Regulatorischer Kontext der obligatorischen Registrierung
Die mexikanische Regierung hat eine zwingende Maßnahme für alle Nutzer von Mobilfunkdiensten eingeführt. Seit dem 9. Januar ist die Verknüpfung jedes Mobilfunkanschlusses mit einer bestimmten Identität, sei es eine natürliche oder juristische Person, gesetzlich vorgeschrieben. Diese Bestimmung, die im Dezember im Official Gazette of the Federation (DOF) veröffentlicht wurde, hat das Hauptziel, die Anonymität in der Mobilkommunikation zu beseitigen, und stellt einen Grundpfeiler des National Register of Mobile Telephony Users dar. Die Nichteinhaltung dieses Mandats führt zur Sperrung und eventuellen Kündigung des Telefonanschlusses.
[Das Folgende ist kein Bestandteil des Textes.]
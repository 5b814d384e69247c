-- ===== src/Risk/Killswitch/Controller.antt =====
-- risk/killswitch_controller.py: the killswitch with its gauges. A registry holds one gauge for each
-- reason label, at 1.0 (lit) or 0.0; the call may have no registry.
use squeeze_hunter.Prelude.{
  ℕ, Bool, true, false, ◌||◌, Option, none, some, List, [], ◌∷◌, if◌then◌else◌, ◌==◌, get_or,
}
use squeeze_hunter.Prelude.Floats.{Floats}
use squeeze_hunter.Broker.{Time}
use squeeze_hunter.Risk.Killswitch.{
  KillReason, KillSwitchInputs, KillSwitchLimits, KillswitchState, Transition, evaluate_killswitch,
  advance_killswitch,
}

abbrev index : KillReason → ℕ
index KillReason.monthly_drawdown = 0
index KillReason.three_day_loss = 1
index KillReason.gap_through_stop = 2
index KillReason.broker_outage = 3
index KillReason.data_stale = 4
index KillReason.cooldown = 5
index KillReason.unknown = 6

-- Equality of two labels.
abbrev pub same_label : KillReason → KillReason → Bool
same_label a b = index a == index b

-- `label in labels`
abbrev pub listed : KillReason → List KillReason → Bool
listed l [] = false
listed l (r ∷ rs) = same_label l r || listed l rs

-- `set.add`
unfoldable pub include : KillReason → List KillReason → List KillReason
include l ls = if listed l ls then ls else l ∷ ls

abbrev pub Gauges : Type 0
Gauges = KillReason → Bool

abbrev pub set_gauge : KillReason → Bool → Gauges → Gauges
set_gauge l value g r = if same_label r l then value else g r

abbrev pub set_all_inactive : List KillReason → Gauges → Gauges
set_all_inactive [] g = g
set_all_inactive (l ∷ ls) g = set_all_inactive ls (set_gauge l false g)

pub record Controller : Type 0 where
  pub cooldown_days : ℕ
  pub active : Bool
  pub reason : Option KillReason
  pub first_tripped_at : Option Time
  pub active_reasons : List KillReason

-- What settings.risk says of the killswitch; the drawdown is stored as a positive magnitude.
pub record KillswitchCfg (F : Type 0) : Type 0 where
  pub monthly_drawdown_kill : F
  pub three_day_loss_max : F
  pub gap_through_stop_max : F
  pub broker_outage_max_seconds : ℕ
  pub data_stale_max_seconds : ℕ

abbrev pub clear_metrics : Controller → Option Gauges → Option Gauges
clear_metrics c none = none
clear_metrics c (some g) = some (set_all_inactive c.active_reasons g)

-- `_clear_gauges`
abbrev pub clear_gauges : Controller → Option Gauges → Controller × Option Gauges
clear_gauges c metrics = (record c { active_reasons = [] }, clear_metrics c metrics)

unfoldable pub light : KillReason → Controller → Option Gauges → Controller × Option Gauges
unfolding include
light l c none = (c, none)
light l c (some g) =
    (record c { active_reasons = include l c.active_reasons }, some (set_gauge l true g))

-- The gauges after a step, by the new state and the transition.
unfoldable pub show_state :
    KillswitchState → Option Transition → Controller → Option Gauges → Controller × Option Gauges
unfolding light
show_state nxt transition c metrics =
    if nxt.active then light (get_or nxt.reason KillReason.unknown) c metrics else elim transition [
      | none ↦ (c, metrics)
      | some t ↦ elim t [
        | Transition.tripped ↦ (c, metrics)
        | Transition.cleared ↦ clear_gauges c metrics
      ]
    ]

abbrev pub adopt : KillswitchState → Controller → Controller
adopt nxt c = record c {
  active = nxt.active;
  reason = nxt.reason;
  first_tripped_at = nxt.first_tripped_at;
}

abbrev pub prior_state : Controller → KillswitchState
prior_state c = record {
  active = c.active;
  reason = c.reason;
  first_tripped_at = c.first_tripped_at;
}

module _ {F : Type 0} ⦃f : Floats F⦄ where
  pub limits : KillswitchCfg F → KillSwitchLimits F
  limits cfg = record {
    monthly_drawdown_max = f.neg (f.abs cfg.monthly_drawdown_kill);
    three_day_loss_max = cfg.three_day_loss_max;
    gap_through_stop_max = cfg.gap_through_stop_max;
    broker_outage_max_seconds = cfg.broker_outage_max_seconds;
    data_stale_max_seconds = cfg.data_stale_max_seconds;
  }

  unfoldable pub evaluate :
      KillSwitchInputs F
      → KillswitchCfg F
      → Time
      → Controller
      → Option Gauges
      → Option Transition × Controller × Option Gauges
  evaluate inputs cfg now self metrics =
      let verdict = evaluate_killswitch inputs (limits cfg) in
      let (nxt, transition) =
        advance_killswitch (prior_state self) verdict now self.cooldown_days in
      let (self', metrics') = show_state nxt transition (adopt nxt self) metrics in
      (transition, self', metrics')

unfoldable pub reset : Controller → Option Gauges → Controller × Option Gauges
reset self metrics =
    let (c, metrics') = clear_gauges self metrics in
    (record c { first_tripped_at = none; active = false; reason = none }, metrics')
Dokumentarische Anforderungen und Betriebsparameter
Das Registrierungsverfahren muss direkt bei dem Konzessionär durchgeführt werden, der den Dienst anbietet, wie z. B. Telcel, Movistar oder AT&T. Für eine zuverlässige Überprüfung ist die Vorlage aktueller amtlicher Dokumente, insbesondere des Voting Credential (INE) oder des Reisepasses, sowie des Unique Population Registration Code (CURP) erforderlich. Die Vorschriften legen eine Grenze von zehn registrierbaren Leitungen pro Person fest und legen eine Frist bis zum 29. Juni fest, um den Prozess abzuschließen. Dieses Rahmenwerk versucht, die Notwendigkeit der Identifizierung mit der legitimen Nutzung mehrerer Geräte in Einklang zu bringen.
Verknüpfungsmechanismen und Fehlerprotokoll
Artikel 24 des im DOF veröffentlichten Dekrets schreibt genau vor, dass Inhaber „bis zu drei Versuche“ haben, denselben Mobiltelefonanschluss erfolgreich über die von den Betreibern bereitgestellten digitalen Kanäle zu verbinden. Dieses Limit soll Betrugs- oder Identitätsdiebstahlversuche verhindern. Allerdings ist der Prozess nicht frei von möglichen technischen Unannehmlichkeiten oder Fehlern bei der Datenvalidierung.
Für den Fall, dass das System die Anfrage zur Fernverknüpfung ablehnt, wird einer der drei Regulierungsversuche als nicht abgeschlossen betrachtet. Die Vorschriften sehen vor, dass der Benutzer im Falle einer Ablehnung benachrichtigt wird, damit er ihn über die Aufmerksamkeitssysteme des Unternehmens kontaktieren und über den Mechanismus zum Starten eines neuen Prozesses informiert werden kann. Häufig besteht dieser alternative Mechanismus darin, den Vorgang persönlich in einem Customer Service Center (CAC) durchzuführen, wo ein leitender Angestellter die Dokumentation physisch überprüfen und die Unstimmigkeiten beheben kann, die zur anfänglichen Ablehnung geführt haben.
Pflichten der Konzessionsunternehmen und Schlussfolgerung
Die Last der Implementierung liegt nicht allein bei den Benutzern. Telefongesellschaften haben die regulatorische Verpflichtung, mit einer Frist bis zum 8. Dezember ihren gesamten Kundenstamm klar und verständlich über das Registrierungsverfahren zu informieren und so die Einhaltung von zu Hause aus zu erleichtern. Diese Maßnahme stellt eine strukturelle Änderung im Management der digitalen Identität in Mexiko dar, wobei Sicherheit und Rückverfolgbarkeit in der Telekommunikation Vorrang haben. Sein Erfolg hängt von der korrekten Ausführung durch die Betreiber, einer klaren Kommunikation und dem schnellen Handeln der Millionen von Leitungsinhabern ab, die das Verfahren mit der richtigen Dokumentation und innerhalb der festgelegten Fristen angehen müssen, um die Unterbrechung eines wesentlichen Dienstes zu vermeiden.